Entschädigungen für Zeugen und Sachverständige,
2.
Tagegelder und Reisekosten der Mitglieder des Berufsgerichts,
3.
Kosten der Bereitstellung von Räumen bei Geschäften außerhalb des Sitzes des Berufsgerichts,
4.
Postgebühren für Zustellungen und Ladungen und für die auf Antrag übersandten Ausfertigungen und Abschriften sowie Fernschreib- und Fernsprechgebühren,
5.
Schreibgebühren im Sinne des Gerichtskostengesetzes,
6.
Kosten der öffentlichen Bekanntmachungen.
(3)
In der berufsgerichtlichen Entscheidung wird bestimmt, wer die Verfahrenskosten zu tragen hat. Sie sind dem Beschuldigten aufzuerlegen, soweit er verurteilt wird. Stehen die Verfahrenskosten außer Verhältnis zu dem Verschulden, so kann von der Erhebung ganz oder teilweise abgesehen werden.
(4)
Hat ein Kammermitglied eine Anzeige wider besseres Wissen oder grob fahrlässig erstattet und dadurch ein Ermittlungsverfahren oder ein berufsgerichtliches Verfahren veranlaßt, so können ihm die dadurch entstandenen Verfahrenskosten auferlegt werden; außerdem kann die Veröffentlichung der Entscheidung auf seine Kosten angeordnet werden.
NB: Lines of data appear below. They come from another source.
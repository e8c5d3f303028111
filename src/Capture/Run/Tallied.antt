-- ===== src/Capture/Run/Tallied.antt =====
-- The counters of a run add up.
use dragon_sniff.Prelude.{
  ℕ, ◌+◌, ◌≤◌, String, Bool, true, false, not, ◌||◌, Option, none, some, str_eq, All, All-append,
  ◌≡◌, arith, Bool-cases, inl, inr,
}
use dragon_sniff.Prelude.Int.{ℤ}
use dragon_sniff.Client.Fetch.{FetchResult}
use dragon_sniff.Capture.Run.{
  Worker, Run, Endpoint, info, state, health, BootChange, changes_after, see_boot_id, boot_id_text,
  boot_id_of, observe_boot_id, one_if, sample, is_held, finish_if_complete, is_terminal, is_idle,
  request_stop, Step, Reach,
}

-- Each state sample is a success or a failure; the answers are no more than the fetches; and a change of
-- the boot id is one.
abbrev pub Tallied : Run → Type 0
Tallied s =
    (s.samples_completed ≡ s.state_successes + s.state_failures)
    × (s.samples_completed + s.health_successes + s.health_failures ≤ s.fetches_completed)
    × All (λ (c : BootChange). str_eq c.previous c.current ≡ false) s.boot_id_changes

one_of_two : (b : Bool) → one_if b + one_if (not b) ≡ 1
one_of_two true = omega arith
one_of_two false = omega arith

changes_after-All :
    (initial previous : Option String) (boot_id : String) (n : ℕ)
    → All
        (λ (c : BootChange). str_eq c.previous c.current ≡ false)
        (changes_after initial previous boot_id n)
changes_after-All none previous boot_id n = tt
changes_after-All (some i) none boot_id n = tt
changes_after-All (some i) (some previous) boot_id n = elim (Bool-cases (str_eq previous boot_id)) [
  | inl same ↦ rw same tt
  | inr other ↦ rw other (other, tt)
]

see_boot_id-Tallied :
    (o : Option String) (n : ℕ) (s : Run) → Tallied s → Tallied (see_boot_id o n s)
see_boot_id-Tallied none n s h = h
see_boot_id-Tallied (some b) n s h = (
  h.0,
  h.1,
  All-append (λ (c : BootChange). str_eq c.previous c.current ≡ false) s.boot_id_changes
      (changes_after s.initial_boot_id s.latest_boot_id b n) h.2
      (changes_after-All s.initial_boot_id s.latest_boot_id b n),
)

sample-Tallied :
    (p : ℤ → String) (path : Endpoint) (r : FetchResult) (s : Run)
    → Tallied s
    → Tallied (sample p path r s)
unfolding sample observe_boot_id
sample-Tallied p info r s h = (h.0, omega (arith, h.1), h.2)
sample-Tallied p state r s h = (omega (arith, h.0, one_of_two r.is_ok), omega (arith, h.1), h.2)
sample-Tallied p health r s h =
    see_boot_id-Tallied (boot_id_text p (boot_id_of r.parsed)) (s.fetches_completed + 1)
      (record s {
        fetches_completed = s.fetches_completed + 1;
        health_successes = s.health_successes + one_if r.is_ok;
        health_failures = s.health_failures + one_if (not r.is_ok);
      })
      (h.0, omega (arith, h.1, one_of_two r.is_ok), h.2)

request_stop-Tallied : (s : Run) → Tallied s → Tallied (request_stop s)
request_stop-Tallied s h = elim (Bool-cases (is_terminal s.phase || is_idle s.phase)) [
  | inl over ↦ rw over h
  | inr live ↦ rw live h
]

finish_if_complete-Tallied : (s : Run) → Tallied s → Tallied (finish_if_complete s)
unfolding finish_if_complete
finish_if_complete-Tallied s h = elim (Bool-cases (is_held s)) [
  | inl held ↦ rw held h
  | inr free ↦ rw free h
]

Step-Tallied :
    {p : ℤ → String} {w w' : Worker} {s s' : Run} → Step p w s w' s' → Tallied s → Tallied s'
Step-Tallied (Step.starts source fresh) h = h
Step-Tallied (Step.starts_unrecorded fresh) h = h
Step-Tallied (Step.starts_without_thread source fresh) h = h
Step-Tallied Step.thread_refused h = h
Step-Tallied Step.thread_starts h = h
Step-Tallied Step.fetch_begins h = h
Step-Tallied {p = p} (Step.fetch_ends {s = s} path r) h =
    sample-Tallied p path r (record s { connections = 0 }) h
Step-Tallied (Step.leaves seen raised_ honest) h = h
Step-Tallied Step.completes h = h
Step-Tallied Step.records h = h
Step-Tallied Step.fails_to_record h = h
Step-Tallied (Step.worker_checks {s = s}) h = finish_if_complete-Tallied s h
Step-Tallied Step.thread_ends h = h
Step-Tallied Step.source_ends h = h
Step-Tallied (Step.stop_requested {s = s}) h = request_stop-Tallied s h
Step-Tallied Step.cancel_set h = h
Step-Tallied (Step.caller_checks {s = s} dead) h = finish_if_complete-Tallied s h

-- In every interleaving each state sample is counted as a success or as a failure, the answers that are
-- counted are no more than the fetches that ended, and every change of the boot id that is listed is
-- from one id to another.
pub Reach-Tallied :
    (str_of_int : ℤ → String) (w : Worker) (s : Run) → Reach str_of_int w s → Tallied s
Reach-Tallied p w s Reach.begins = (omega arith, omega arith, tt)
Reach-Tallied p w s (Reach.then {w = v} {s = t} r x) = Step-Tallied x (Reach-Tallied p v t r)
Zuständig ist das Bezirksberufsgericht, bei dem das berufsgerichtliche Verfahren anhängig geworden ist oder, wenn noch kein Berufsgericht mit der Sache befaßt war, das Bezirksberufsgericht, das für das berufsgerichtliche Verfahren zuständig gewesen wäre. Gegen die Entscheidungen steht dem Betroffenen innerhalb von zwei Wochen nach Eröffnung die Beschwerde an das Landesberufsgericht zu.